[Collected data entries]
┌──

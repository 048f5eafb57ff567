-- ===== src/Examples/Providers.antt =====
-- The theorems on providers at concrete inputs: one provider that answers at its second call.
use realtime_speech_pipeline.Base.{
  ℕ, zero, suc, ◌≡◌, refl, String, true, false, some, [], ◌∷◌, Result, ok, err,
}
use realtime_speech_pipeline.Base.Int
use realtime_speech_pipeline.Base.Text
use realtime_speech_pipeline.Base.Int.{pos}
use native.Mathlib.Omega.{arith}
use realtime_speech_pipeline.EventAbi.Signal
use realtime_speech_pipeline.Provider.Contracts
use realtime_speech_pipeline.Provider.Contracts.{
  validate_outcome, Modality, OutcomeClass, AdaptiveAction, Outcome, Adapter, validate_modality,
}
use realtime_speech_pipeline.Provider.Catalog
use realtime_speech_pipeline.Provider.Catalog.{Catalog, candidates, find_adapter}
use realtime_speech_pipeline.Provider.Catalog.Candidates.{candidates-over_limit}
use realtime_speech_pipeline.Provider.Invocation
use realtime_speech_pipeline.Provider.Requests
use realtime_speech_pipeline.Provider.Requests.{
  validate_input, Config, InvocationInput, InvocationResult, Actions, parse_adaptive_actions,
  default_config,
}
use realtime_speech_pipeline.Provider.Invocation.{invoke, start_result}
use realtime_speech_pipeline.Provider.Invocation.Progress.{Answers}
use realtime_speech_pipeline.Provider.Invocation.Notices.{Headroom}
use realtime_speech_pipeline.Provider.Invocation.Returns.{IsSound, most_signals, invoke-returns}
use realtime_speech_pipeline.Provider.Invocation.Bounds.{invoke-Answers, most_attempts}

abbrev answer : ℕ → Outcome
answer zero = record {
  class = OutcomeClass.timeout;
  retryable = true;
  reason = "slow";
  circuit_open = false;
  backoff_ms = pos 5;
}
answer (suc n) = record {
  class = OutcomeClass.success;
  retryable = false;
  reason = "";
  circuit_open = false;
  backoff_ms = pos 0;
}

-- Its world counts the calls.
abbrev slow : String → Adapter ℕ
slow id = record {
  provider_id = id;
  modality = Modality.stt;
  invoke = λ req n. (ok (answer n), suc n);
}

abbrev two : Catalog ℕ
two = record { adapters = slow "a" ∷ slow "b" ∷ []; ordered = λ m. "a" ∷ "b" ∷ [] }

abbrev limits : Config
limits = record { max_attempts_per_provider = 3; max_candidate_providers = 0 }

abbrev asked : InvocationInput
asked = record {
  session_id = "s1";
  turn_id = "t1";
  pipeline_version = "p1";
  event_id = "e1";
  modality = Modality.stt;
  preferred_provider = "b";
  allowed_adaptive_actions = AdaptiveAction.retry ∷ [];
  provider_invocation_id = "";
  transport_sequence = pos 1;
  runtime_sequence = pos 1;
  authority_epoch = pos 1;
  runtime_timestamp_ms = pos 1;
  wall_clock_timestamp_ms = pos 1;
  cancel_requested = false;
}

abbrev retry_only : Actions
retry_only = record {
  retry = true;
  provider_switch = false;
  fallback = false;
  normalized = AdaptiveAction.retry ∷ [];
}

abbrev result_of : Result InvocationResult → InvocationResult
result_of (ok r) = r
result_of (err e) = start_result asked

found_two :
    candidates two Modality.stt "b" (default_config limits).max_candidate_providers
    ≡ ok (slow "b" ∷ slow "a" ∷ [])
unfolding candidates default_config Contracts.validate_modality Catalog.selected_ids
    Catalog.find_adapter Catalog.fetch Catalog.select_ids
found_two = refl

parsed_retry : parse_adaptive_actions (AdaptiveAction.retry ∷ []) ≡ ok retry_only
unfolding parse_adaptive_actions Contracts.normalize_adaptive_actions
parsed_retry = refl

answered_result : (invoke two limits asked 0).0 ≡ ok (result_of (invoke two limits asked 0).0)
unfolding invoke Invocation.invoke_candidates Requests.validate_input Contracts.validate_modality
    candidates Catalog.selected_ids Catalog.find_adapter Invocation.invoke_with
    parse_adaptive_actions Contracts.normalize_adaptive_actions Invocation.providers_from
    Catalog.fetch Invocation.after_provider Invocation.attempts_from default_config
    Invocation.if_valid Contracts.validate_outcome Requests.answered Int.add64 Text.decimal
    Signal.validation Catalog.select_ids Contracts.collect_actions Contracts.sort_actions
    Contracts.validate_class Invocation.after_attempt Requests.append_signal
    Invocation.cancelled_result Requests.circuit_reason Invocation.continue_with
    Requests.failure_reason Requests.invocation_id Requests.note_circuit Requests.note_failure
    Requests.notice_signal Requests.record_attempt Invocation.request Invocation.retry_or_break
    start_result Requests.switch_reason Invocation.with_decision
answered_result = refl

invoke-Answers_example :
    Answers 1 (most_attempts limits retry_only 2) (result_of (invoke two limits asked 0).0)
invoke-Answers_example =
    invoke-Answers two limits asked 0 (slow "b" ∷ slow "a" ∷ []) retry_only
      (result_of (invoke two limits asked 0).0) refl found_two parsed_retry answered_result

found_a : find_adapter Modality.stt "a" two.adapters ≡ some (slow "a")
unfolding find_adapter
found_a = refl

found_b : find_adapter Modality.stt "b" two.adapters ≡ some (slow "b")
unfolding find_adapter
found_b = refl

stt_valid : validate_modality Modality.stt ≡ ok tt
unfolding validate_modality
stt_valid = refl

candidates-over_limit_example : candidates two Modality.stt "b" 1 ≡ ok (slow "b" ∷ slow "a" ∷ [])
candidates-over_limit_example =
    candidates-over_limit two Modality.stt "b" "a" ("b" ∷ []) (slow "b") (slow "a") stt_valid refl
      refl refl found_b found_a

asked_valid : validate_input asked ≡ ok tt
unfolding validate_input validate_modality
asked_valid = refl

slow-IsSound : (id : String) → IsSound (slow id)
unfolding validate_outcome Requests.answered Contracts.validate_class
slow-IsSound id q zero = refl
slow-IsSound id q (suc n) = refl

asked-Headroom : Headroom asked (most_signals (default_config limits) 2)
unfolding default_config
asked-Headroom = record {
  transport = omega arith;
  runtime = omega arith;
  runtime_time = omega arith;
  wall_time = omega arith;
}

invoke-returns_example : (r : InvocationResult) × ((invoke two limits asked 0).0 ≡ ok r)
invoke-returns_example =
    invoke-returns two limits asked 0 (slow "b" ∷ slow "a" ∷ []) retry_only asked_valid refl
      found_two parsed_retry (slow-IsSound "b", (slow-IsSound "a", tt)) asked-Headroom
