-- ===== src/Timeline.antt =====
-- internal/observability/timeline/recorder.go: the evidence of provider attempts and invocations; the
-- children have the baseline evidence of a turn, and the recorder with its capacities.
pub mod Baseline
pub mod Outcomes
pub mod Recorder
use text.Mathlib.Text.{◌==◌}
use realtime_speech_pipeline.Base.{
  ℕ, zero, suc, ◌+◌, String, Bool, true, false, not, ◌||◌, Option, none, some, List, [], ◌∷◌, ◌++◌,
  Result, ok, err, ◌>>◌, ◌>>=◌, refuse_if, if◌then◌else◌, ltb, leb,
}
use realtime_speech_pipeline.Base.Int.{ℤ, pos, negsuc, ltℤ, is_negative, non_negative}
use realtime_speech_pipeline.Base.Lists.{length}
use realtime_speech_pipeline.Base.Members.{has}
use realtime_speech_pipeline.Base.Text.{is_empty, fallback, concat}
use realtime_speech_pipeline.EventAbi.Types.{Lane, PayloadClass, SignalName, Emitter}
use realtime_speech_pipeline.EventAbi.Signal
use realtime_speech_pipeline.EventAbi.Signal.{ControlSignal, blank, scope_for, scope_text_for}

-- The strings that inStringSet is asked about.
abbrev pub modalities : List String
modalities = "stt" ∷ "llm" ∷ "tts" ∷ "external" ∷ []

abbrev pub outcome_classes : List String
outcome_classes =
    "success" ∷ "timeout" ∷ "overload" ∷ "blocked" ∷ "infrastructure_failure" ∷ "cancelled" ∷ []

abbrev pub retry_decisions : List String
retry_decisions = "none" ∷ "retry" ∷ "provider_switch" ∷ "fallback" ∷ []

pub record ProviderAttemptEvidence : Type 0 where
  pub session_id : String
  pub turn_id : String
  pub pipeline_version : String
  pub event_id : String
  pub provider_invocation_id : String
  pub modality : String
  pub provider_id : String
  pub attempt : ℤ
  pub outcome_class : String
  pub retryable : Bool
  pub retry_decision : String
  pub attempt_latency_ms : ℤ
  pub transport_sequence : ℤ
  pub runtime_sequence : ℤ
  pub authority_epoch : ℤ
  pub runtime_timestamp_ms : ℤ
  pub wall_clock_timestamp_ms : ℤ

-- `v < 1`
abbrev pub below_one : ℤ → Bool
below_one v = ltℤ v (pos 1)

unfoldable pub validate_attempt : ProviderAttemptEvidence → Result (Unit {0})
validate_attempt e = do
  refuse_if
      (is_empty e.session_id
        || is_empty e.pipeline_version
        || is_empty e.event_id
        || is_empty e.provider_invocation_id)
      "session_id, pipeline_version, event_id, and provider_invocation_id are required"
  refuse_if (is_empty e.provider_id) "provider_id is required"
  refuse_if (not (has e.modality modalities)) "invalid provider attempt modality: %s"
  refuse_if (not (has e.outcome_class outcome_classes)) "invalid provider attempt outcome_class: %s"
  refuse_if (not (has e.retry_decision retry_decisions))
      "invalid provider attempt retry_decision: %s"
  refuse_if (is_negative e.attempt_latency_ms) "provider attempt latency_ms must be >=0"
  refuse_if (below_one e.attempt) "provider attempt must be >=1"
  refuse_if
      (is_negative e.transport_sequence
        || is_negative e.runtime_sequence
        || is_negative e.authority_epoch)
      "provider attempt sequence fields must be >=0"
  refuse_if (is_negative e.runtime_timestamp_ms || is_negative e.wall_clock_timestamp_ms)
      "provider attempt timestamps must be >=0"

pub record InvocationOutcomeEvidence : Type 0 where
  pub provider_invocation_id : String
  pub modality : String
  pub provider_id : String
  pub outcome_class : String
  pub retryable : Bool
  pub retry_decision : String
  pub attempt_count : ℤ
  pub final_attempt_latency_ms : ℤ
  pub total_invocation_latency_ms : ℤ

unfoldable pub validate_invocation_outcome : InvocationOutcomeEvidence → Result (Unit {0})
validate_invocation_outcome e = do
  refuse_if (is_empty e.provider_invocation_id || is_empty e.modality || is_empty e.provider_id)
      "provider_invocation_id, modality, and provider_id are required"
  refuse_if (not (has e.modality modalities)) "invalid invocation modality: %s"
  refuse_if (not (has e.outcome_class outcome_classes)) "invalid invocation outcome_class: %s"
  refuse_if (not (has e.retry_decision retry_decisions)) "invalid invocation retry_decision: %s"
  refuse_if (below_one e.attempt_count) "invocation attempt_count must be >=1"
  refuse_if (is_negative e.final_attempt_latency_ms)
      "invocation final_attempt_latency_ms must be >=0"
  refuse_if (is_negative e.total_invocation_latency_ms)
      "invocation total_invocation_latency_ms must be >=0"
  refuse_if (ltℤ e.total_invocation_latency_ms e.final_attempt_latency_ms)
      "invocation total_invocation_latency_ms must be >= final_attempt_latency_ms"

pub record InvocationSnapshotEvidence : Type 0 where
  pub session_id : String
  pub turn_id : String
  pub pipeline_version : String
  pub event_id : String
  pub provider_invocation_id : String
  pub modality : String
  pub provider_id : String
  pub outcome_class : String
  pub retryable : Bool
  pub retry_decision : String
  pub attempt_count : ℤ
  pub final_attempt_latency_ms : ℤ
  pub total_invocation_latency_ms : ℤ
  pub runtime_timestamp_ms : ℤ
  pub wall_clock_timestamp_ms : ℤ

unfoldable pub invocation_of : InvocationSnapshotEvidence → InvocationOutcomeEvidence
invocation_of e = record {
  provider_invocation_id = e.provider_invocation_id;
  modality = e.modality;
  provider_id = e.provider_id;
  outcome_class = e.outcome_class;
  retryable = e.retryable;
  retry_decision = e.retry_decision;
  attempt_count = e.attempt_count;
  final_attempt_latency_ms = e.final_attempt_latency_ms;
  total_invocation_latency_ms = e.total_invocation_latency_ms;
}

unfoldable pub validate_snapshot : InvocationSnapshotEvidence → Result (Unit {0})
validate_snapshot e = do
  refuse_if (is_empty e.session_id || is_empty e.pipeline_version || is_empty e.event_id)
      "session_id, pipeline_version, and event_id are required"
  validate_invocation_outcome (invocation_of e)
  refuse_if (is_negative e.runtime_timestamp_ms || is_negative e.wall_clock_timestamp_ms)
      "invocation snapshot timestamps must be >=0"
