-- ===== src/Timeline/Baseline.antt =====
-- internal/observability/timeline/recorder.go: BaselineEvidence, what a turn leaves behind for a replay,
-- and the check that it is complete.
use realtime_speech_pipeline.Base.{
  String, Bool, true, false, not, ◌&&◌, ◌||◌, Option, none, some, List, [], ◌∷◌, Result, ok, ◌>>◌,
  refuse_if,
}
use realtime_speech_pipeline.Base.Int.{ℤ, is_negative}
use realtime_speech_pipeline.Base.Text.{is_empty}
use realtime_speech_pipeline.EventAbi.Types.{
  PayloadClass, RedactionDecision, is_payload_class, validate_redaction,
}
use realtime_speech_pipeline.ControlPlane.Outcome
use realtime_speech_pipeline.ControlPlane.Outcome.{DecisionOutcome}
use realtime_speech_pipeline.ControlPlane.TurnPlan.{
  SnapshotProvenance, validate_provenance, validate_distinct, no_entries,
}
use realtime_speech_pipeline.SecurityPolicy.{has_class}
use realtime_speech_pipeline.Timeline.{InvocationOutcomeEvidence, validate_invocation_outcome}
use text.Mathlib.Text.{◌==◌}

pub record BaselineEvidence : Type 0 where
  pub session_id : String
  pub turn_id : String
  pub pipeline_version : String
  pub event_id : String
  pub envelope_snapshot : String
  pub payload_tags : List PayloadClass
  pub redaction_decisions : List RedactionDecision
  pub plan_hash : String
  pub snapshot_provenance : SnapshotProvenance
  pub decision_outcomes : List DecisionOutcome
  pub invocation_outcomes : List InvocationOutcomeEvidence
  pub determinism_seed : ℤ
  pub ordering_markers : List String
  pub merge_rule_id : String
  pub merge_rule_version : String
  pub authority_epoch : ℤ
  pub migration_markers : List String
  pub terminal_outcome : String
  pub terminal_reason : String
  pub close_emitted : Bool
  pub turn_open_proposed_at_ms : Option ℤ
  pub turn_open_at_ms : Option ℤ
  pub first_output_at_ms : Option ℤ
  pub cancel_accepted_at_ms : Option ℤ
  pub cancel_fence_applied_at_ms : Option ℤ
  pub cancel_sent_at_ms : Option ℤ
  pub cancel_ack_at_ms : Option ℤ
  pub accepted_stale_epoch_output : Bool

unfoldable pub validate_tags : List PayloadClass → Result (Unit {0})
validate_tags [] = ok tt
validate_tags (tag ∷ tags) = do
  refuse_if (not (is_payload_class tag)) "invalid payload classification tag: %s"
  validate_tags tags

-- The loop over the redaction decisions, with the classes decided so far.
unfoldable pub validate_decisions :
    (decided : List PayloadClass) → List RedactionDecision → Result (Unit {0})
validate_decisions decided [] = ok tt
validate_decisions decided (d ∷ ds) = do
  validate_redaction d
  refuse_if (has_class d.payload_class decided) "duplicate redaction decision for payload class: %s"
  validate_decisions (d.payload_class ∷ decided) ds

-- The classes decided after the loop.
abbrev pub decided_classes :
    (decided : List PayloadClass) → List RedactionDecision → List PayloadClass
decided_classes decided [] = decided
decided_classes decided (d ∷ ds) = decided_classes (d.payload_class ∷ decided) ds

unfoldable pub require_decided : (decided tags : List PayloadClass) → Result (Unit {0})
require_decided decided [] = ok tt
require_decided decided (tag ∷ tags) = do
  refuse_if (not (has_class tag decided)) "missing redaction decision for payload class: %s"
  require_decided decided tags

unfoldable pub validate_outcomes : List DecisionOutcome → Result (Unit {0})
validate_outcomes [] = ok tt
validate_outcomes (out ∷ rest) = do Outcome.validate out; validate_outcomes rest

unfoldable pub validate_invocations : List InvocationOutcomeEvidence → Result (Unit {0})
validate_invocations [] = ok tt
validate_invocations (invocation ∷ rest) = do
  validate_invocation_outcome invocation
  validate_invocations rest

abbrev pub is_absent_time : Option ℤ → Bool
is_absent_time none = true
is_absent_time (some _) = false

-- The checks of an accepted cancellation.
unfoldable pub validate_cancel : BaselineEvidence → Result (Unit {0})
validate_cancel b = do
  refuse_if
      (not (is_absent_time b.cancel_accepted_at_ms) && is_absent_time b.cancel_fence_applied_at_ms)
      "cancel fence timestamp is required when cancel was accepted"
  refuse_if (not (is_absent_time b.cancel_accepted_at_ms) && is_absent_time b.cancel_sent_at_ms)
      "cancel_sent_at is required when cancel was accepted"

unfoldable pub validate_completeness : BaselineEvidence → Result (Unit {0})
validate_completeness b = do
  refuse_if
      (is_empty b.session_id
        || is_empty b.turn_id
        || is_empty b.pipeline_version
        || is_empty b.event_id)
      "session_id, turn_id, pipeline_version, and event_id are required"
  refuse_if (is_empty b.envelope_snapshot) "envelope snapshot is required"
  refuse_if (no_entries b.payload_tags) "at least one payload classification tag is required"
  validate_tags b.payload_tags
  refuse_if (no_entries b.redaction_decisions) "at least one redaction decision is required"
  validate_decisions [] b.redaction_decisions
  require_decided (decided_classes [] b.redaction_decisions) b.payload_tags
  refuse_if (is_empty b.plan_hash) "plan hash is required"
  validate_provenance b.snapshot_provenance
  refuse_if (no_entries b.decision_outcomes) "at least one decision outcome is required"
  validate_outcomes b.decision_outcomes
  validate_invocations b.invocation_outcomes
  refuse_if (no_entries b.ordering_markers) "at least one ordering marker is required"
  validate_distinct is_empty "ordering markers cannot contain empty values"
      "ordering markers must be unique" [] b.ordering_markers
  refuse_if (is_empty b.merge_rule_id || is_empty b.merge_rule_version)
      "merge rule id/version are required"
  refuse_if (is_negative b.authority_epoch) "authority epoch must be >= 0"
  refuse_if (not (b.terminal_outcome == "commit") && not (b.terminal_outcome == "abort"))
      "terminal outcome must be commit or abort"
  refuse_if (not b.close_emitted) "close marker is required"
  refuse_if (b.terminal_outcome == "abort" && is_empty b.terminal_reason)
      "terminal reason is required for abort outcomes"
  validate_cancel b

abbrev pub is_accepted_turn : BaselineEvidence → Bool
is_accepted_turn b = not (is_absent_time b.turn_open_at_ms)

└──

The task
The lines above that include "RedactionDecision" should each be listed.

Answer for this exercise
  PayloadClass, RedactionDecision, is_payload_class, validate_redaction,
  pub redaction_decisions : List RedactionDecision
    (decided : List PayloadClass) → List RedactionDecision → Result (Unit {0})
    (decided : List PayloadClass) → List RedactionDecision → List PayloadClass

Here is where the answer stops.